As we shall see, both these strategies, and especially the latter, inspired by some core elements of the cult of Dionysus, are explored in Greek tragedy.


  1. The importance of shamanic elements for the emergence of the Greek culture has been emphasized since the now classical study of Eric Dodds, The Greeks and the Irrational (1951).
  2. Commenting on the difference between Vedic hymns and Homeric epic, Jamison and Brereton, in their ‘Introduction’ (2014, 14), write: ‘it [the poetry of the Ṛg-veda] was a type of oral composition very different from what that designation now generally brings to mind in scholarly, especially Homeric, circles. It was not an anonymous floating body of infinitely variable verbal material (re-)composed anew at every performance, generated in great part from fixed formulae that formed the poet’s repertoire. In contrast to the vast sprawl of epic, on which the usual model of oral-formulaic composition was formed and tested, Ṛgvedic oral composition was small-scale and verbally complex. Though orally composed and making use of traditional verbal material, each hymn was composed by a particular poet, who fixed the hymn at the time of composition and who “owned” it, and it was transmitted in this fixed form thereafter.’

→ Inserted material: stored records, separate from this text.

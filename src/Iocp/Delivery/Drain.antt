-- ===== src/Iocp/Delivery/Drain.antt =====
-- The packets of the port in front of those of an operation are taken.
use jnet_lib.Base.{
  ℕ, ◌+◌, ◌<◌, ◌≡◌, inl, inr, refl, sym, ap, ap₂, ◌∙◌, subst, Bool, true, false, Bool-cases, none,
  List, [], ◌∷◌, ◌++◌, append-nil, append_assoc, ◌==◌, arith,
}
use mathlib.Core.List.{Memᴰ}
use jnet_lib.Iocp.{
  Packet, from_kernel, contains_result, interrupt, wake_for_dispatch, Service, take_interrupt,
  take_packet, takes, Steps, here, next,
}
use jnet_lib.Iocp.Delivery.{bit, fresh_in, result_in, view}
use jnet_lib.Iocp.Delivery.Moves.{quiet_append}

pub joined : {s t u : Service} → Steps s t → Steps t u → Steps s u
joined h here = h
joined h (next k a) = next (joined h k) a

-- The packet is one of the operation's.
abbrev pub concerns : ℕ → Packet → Bool
concerns k (from_kernel j) = k == j
concerns k (contains_result j) = k == j
concerns k interrupt = false
concerns k wake_for_dispatch = false

-- A packet that does not concern the operation is taken: the port has its tail, and what is posted again behind it.
pub record Passes (k : ℕ) (ps : List Packet) (s t : Service) : Type 0 where
  pub behind : List Packet
  pub port : t.port ≡ ps ++ behind
  pub same : view t k ≡ view s k

pass :
    (k : ℕ) (p : Packet) (ps : List Packet) (s : Service)
    → s.port ≡ p ∷ ps
    → concerns k p ≡ false
    → Passes k ps s (take_packet none p ps s).0
unfolding take_packet take_interrupt
pass k (from_kernel j) ps s e o = record {
  behind = [];
  port = sym (append-nil ps);
  same = rw o (
      ap₂ (λ n m. record (view s k) { fresh = n; results = m })
        (omega (arith, ap (fresh_in k) e, ap bit o)) (omega (arith, ap (result_in k) e)));
}
pass k (contains_result j) ps s e o = record {
  behind = [];
  port = sym (append-nil ps);
  same = rw o (
      ap₂ (λ n m. record (view s k) { fresh = n; results = m }) (omega (arith, ap (fresh_in k) e))
        (omega (arith, ap (result_in k) e, ap bit o)));
}
pass k wake_for_dispatch ps s e o = record {
  behind = [];
  port = sym (append-nil ps);
  same =
      ap₂ (λ n m. record (view s k) { fresh = n; results = m }) (omega (arith, ap (fresh_in k) e))
        (omega (arith, ap (result_in k) e));
}
pass k interrupt ps s e o = elim (Bool-cases s.stopped) [
  | inl d ↦ rw d (record {
    behind = interrupt ∷ [];
    port = refl;
    same = quiet_append (record s { port = ps }) k interrupt refl refl ∙ gone;
  })
  | inr d ↦ rw d (record { behind = []; port = sym (append-nil ps); same = gone })
]
  where
    gone : view (record s { port = ps }) k ≡ view s k
    gone =
        ap₂ (λ n m. record (view s k) { fresh = n; results = m }) (omega (arith, ap (fresh_in k) e))
          (omega (arith, ap (result_in k) e))

-- The first packet of the operation.
pub record Found (k : ℕ) (ps : List Packet) : Type 0 where
  pub before : List Packet
  pub packet : Packet
  pub after : List Packet
  pub split : ps ≡ before ++ (packet ∷ after)
  pub others : (p : Packet) → Memᴰ p before → concerns k p ≡ false
  pub own : concerns k packet ≡ true

pub find : (k : ℕ) (ps : List Packet) → 0 < fresh_in k ps + result_in k ps → Found k ps
find k [] l = absurd (omega (arith, l))
find k (p ∷ ps) l = elim (Bool-cases (concerns k p)) [
  | inl c ↦ record {
    before = [];
    packet = p;
    after = ps;
    split = refl;
    others = λ q m. elim m [ ];
    own = c;
  }
  | inr c ↦
      (let r = find k ps (fewer p c l) in
        record {
          before = p ∷ r.before;
          packet = r.packet;
          after = r.after;
          split = ap (λ l. p ∷ l) r.split;
          others = λ q m. elim m [
            | Memᴰ.head e ↦ subst (λ x. concerns k x ≡ false) (sym e) c
            | Memᴰ.tail n ↦ r.others q n
          ];
          own = r.own;
        })
]
  where
    fewer :
        (q : Packet)
        → concerns k q ≡ false
        → 0 < fresh_in k (q ∷ ps) + result_in k (q ∷ ps)
        → 0 < fresh_in k ps + result_in k ps
    fewer (from_kernel j) c l = omega (arith, l, ap bit c)
    fewer (contains_result j) c l = omega (arith, l, ap bit c)
    fewer interrupt c l = l
    fewer wake_for_dispatch c l = l

-- The packets before it are taken.
pub record Fronted (k : ℕ) (p : Packet) (s : Service) : Type 0 where
  pub state : Service
  pub steps : Steps s state
  pub behind : List Packet
  pub port : state.port ≡ p ∷ behind
  pub same : view state k ≡ view s k

pub drain :
    (k : ℕ) (p : Packet) (before after : List Packet) (s : Service)
    → s.port ≡ before ++ (p ∷ after)
    → ((q : Packet) → Memᴰ q before → concerns k q ≡ false)
    → Fronted k p s
drain k p [] after s e o = record { state = s; steps = here; behind = after; port = e; same = refl }
drain k p (q ∷ qs) after s e o =
    let w = pass k q (qs ++ (p ∷ after)) s e (o q (Memᴰ.head refl)) in
    let t = (take_packet none q (qs ++ (p ∷ after)) s).0 in
    let r =
      drain k p qs (after ++ w.behind) t (w.port ∙ append_assoc qs (p ∷ after) w.behind)
        (λ x m. o x (Memᴰ.tail m)) in
    record {
      state = r.state;
      steps = joined (next here (takes none q (qs ++ (p ∷ after)) e)) r.steps;
      behind = r.behind;
      port = r.port;
      same = r.same ∙ w.same;
    }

  3. For a brief overview, see Parker 2011, 250-255. For a more detailed treatment, see Walter Burkert, Ancient Mystery Cults (1987) and Hugh Bowden, Mystery Cults of the Ancient World (2010).

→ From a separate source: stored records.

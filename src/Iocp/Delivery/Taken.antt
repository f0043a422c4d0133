-- ===== src/Iocp/Delivery/Taken.antt =====
-- A packet in the port comes to a thread, whatever is in front of it.
use jnet_lib.Base.{
  ℕ, ◌+◌, ◌<◌, ◌≡◌, sym, ap, ◌∙◌, subst, true, not, none, List, [], ◌∷◌, ◌++◌, update_self, arith,
}
use jnet_lib.Iocp.{
  Result, Packet, from_kernel, contains_result, interrupt, wake_for_dispatch, Service, take_packet,
  takes, Steps, here, next,
}
use jnet_lib.Iocp.Delivery.{
  fresh_in, result_in, view, IsUnderWay, IsSound, is_complete, in_kernel, is_taken, is_caught,
  waits,
}
use jnet_lib.Iocp.Delivery.Begin.{AllSound}
use jnet_lib.Iocp.Delivery.Keeps.{Step-AllSound}
use jnet_lib.Iocp.Delivery.Drain.{concerns, find, Fronted, drain}

pub keeps_sound : {s t : Service} → Steps s t → AllSound s → AllSound t
keeps_sound here h = h
keeps_sound (next k a) h = Step-AllSound a (keeps_sound k h)

-- A thread holds the packet.
pub record Taken (k : ℕ) (s t : Service) : Type 0 where
  pub steps : Steps s t
  pub ready : t.ready k ≡ s.ready k
  pub starting : t.starting k ≡ not (t.ready k)
  pub none_begun : t.begun k ≡ s.begun k
  pub held : t.held k ≡ t.outcome k ∷ []
  pub under_way : IsUnderWay (view t k)

not_nil : {A : Type 0} (xs : List A) (x : A) → xs ++ (x ∷ []) ≡ [] → ⊥
not_nil [] x e = cc e
not_nil (y ∷ ys) x e = cc e

held_Taken :
    (k : ℕ) (xs : List Result) (r : Result) (s t : Service)
    → Steps s t
    → t.ready k ≡ s.ready k
    → t.begun k ≡ s.begun k
    → t.held k ≡ xs ++ (r ∷ [])
    → IsSound (view t k)
    → Taken k s t
held_Taken k xs r s t h e b l (is_complete a f c n u) = absurd (not_nil xs r (sym l ∙ n))
held_Taken k xs r s t h e b l (in_kernel a f c n u) = absurd (not_nil xs r (sym l ∙ n))
held_Taken k xs r s t h e b l (is_taken a f c n d u) = record {
  steps = h;
  ready = e;
  starting = a;
  none_begun = b;
  held = n;
  under_way = u;
}
held_Taken k xs r s t h e b l (is_caught a q f c n d u) = absurd (not_nil xs r (sym l ∙ n))
held_Taken k xs r s t h e b l (waits a q f c n d u) = absurd (not_nil xs r (sym l ∙ n))

-- A packet in the port comes to a thread.
module _ (k : ℕ) (s : Service) (a : AllSound s) where
  kernel-Taken : Fronted k (from_kernel k) s → (t : Service) × Taken k s t
  unfolding take_packet
  kernel-Taken w =
      let t = w.state in
      let t' = (take_packet none (from_kernel k) w.behind t).0 in
      let h : Steps s t' = next w.steps (takes none (from_kernel k) w.behind w.port) in
      (
        t',
        held_Taken k (t.held k) (t.outcome k) s t' h (ap (λ v. v.ready) w.same)
            (ap (λ v. v.begun) w.same) (update_self t.held k (t.held k ++ (t.outcome k ∷ [])))
            (keeps_sound h a k),
      )

  result-Taken : Fronted k (contains_result k) s → (t : Service) × Taken k s t
  unfolding take_packet
  result-Taken w =
      let t = w.state in
      let t' = (take_packet none (contains_result k) w.behind t).0 in
      let h : Steps s t' = next w.steps (takes none (contains_result k) w.behind w.port) in
      (
        t',
        held_Taken k (t.held k) (t.stored k) s t' h (ap (λ v. v.ready) w.same)
            (ap (λ v. v.begun) w.same) (update_self t.held k (t.held k ++ (t.stored k ∷ [])))
            (keeps_sound h a k),
      )

  front-Taken : (p : Packet) → concerns k p ≡ true → Fronted k p s → (t : Service) × Taken k s t
  front-Taken (from_kernel j) o w =
      let z : j ≡ k = ground (arith, o) in
      kernel-Taken (subst (λ i. Fronted k (from_kernel i) s) z w)
  front-Taken (contains_result j) o w =
      let z : j ≡ k = ground (arith, o) in
      result-Taken (subst (λ i. Fronted k (contains_result i) s) z w)
  front-Taken interrupt o w = absurd (cc o)
  front-Taken wake_for_dispatch o w = absurd (cc o)

  pub port-Taken : 0 < fresh_in k s.port + result_in k s.port → (t : Service) × Taken k s t
  port-Taken l =
      let f = find k s.port l in
      front-Taken f.packet f.own (drain k f.packet f.before f.after s f.split f.others)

  4. For more details, see Jennifer Larson, Ancient Greek Cults. A Guide (2007), chapter 6.
  5. For further comparisons between rebirth views in ancient Greece and India, see Thomas McEvilley, The Shape of Ancient Thought (2002), chapter 4, who also argues why the most likely historical diffusion route for the doctrine of ethical rebirth goes from India towards Greece (possibly via Egypt) around the seventh or sixth century BCE.
  6. Radcliffe G. Edmonds III, Redefining Ancient Orphism. A Study in Greek Religion (2013) has recently argued that there is no unified ‘orphic’ tradition, but rather a series of doctrines and views that in time came to be associated under the same reference to the mythic Orpheus. The interested reader can look at this study as an entry point into the debate on this aspect.
  7. For further details, see Jennifer Larson, Ancient Greek Cults. A Guide (2007), chapter 10.
  8. Rouget, Music and Trance (1990), part II, chapter 1 offers a detailed account of Dionysian cults as forms of possession trance and discusses the role of music in their enaction.
  9. For a discussion of atheism in Ancient Greece, see Tim Whitmarsh, Battling the Gods: Atheism in the Ancient World (2015).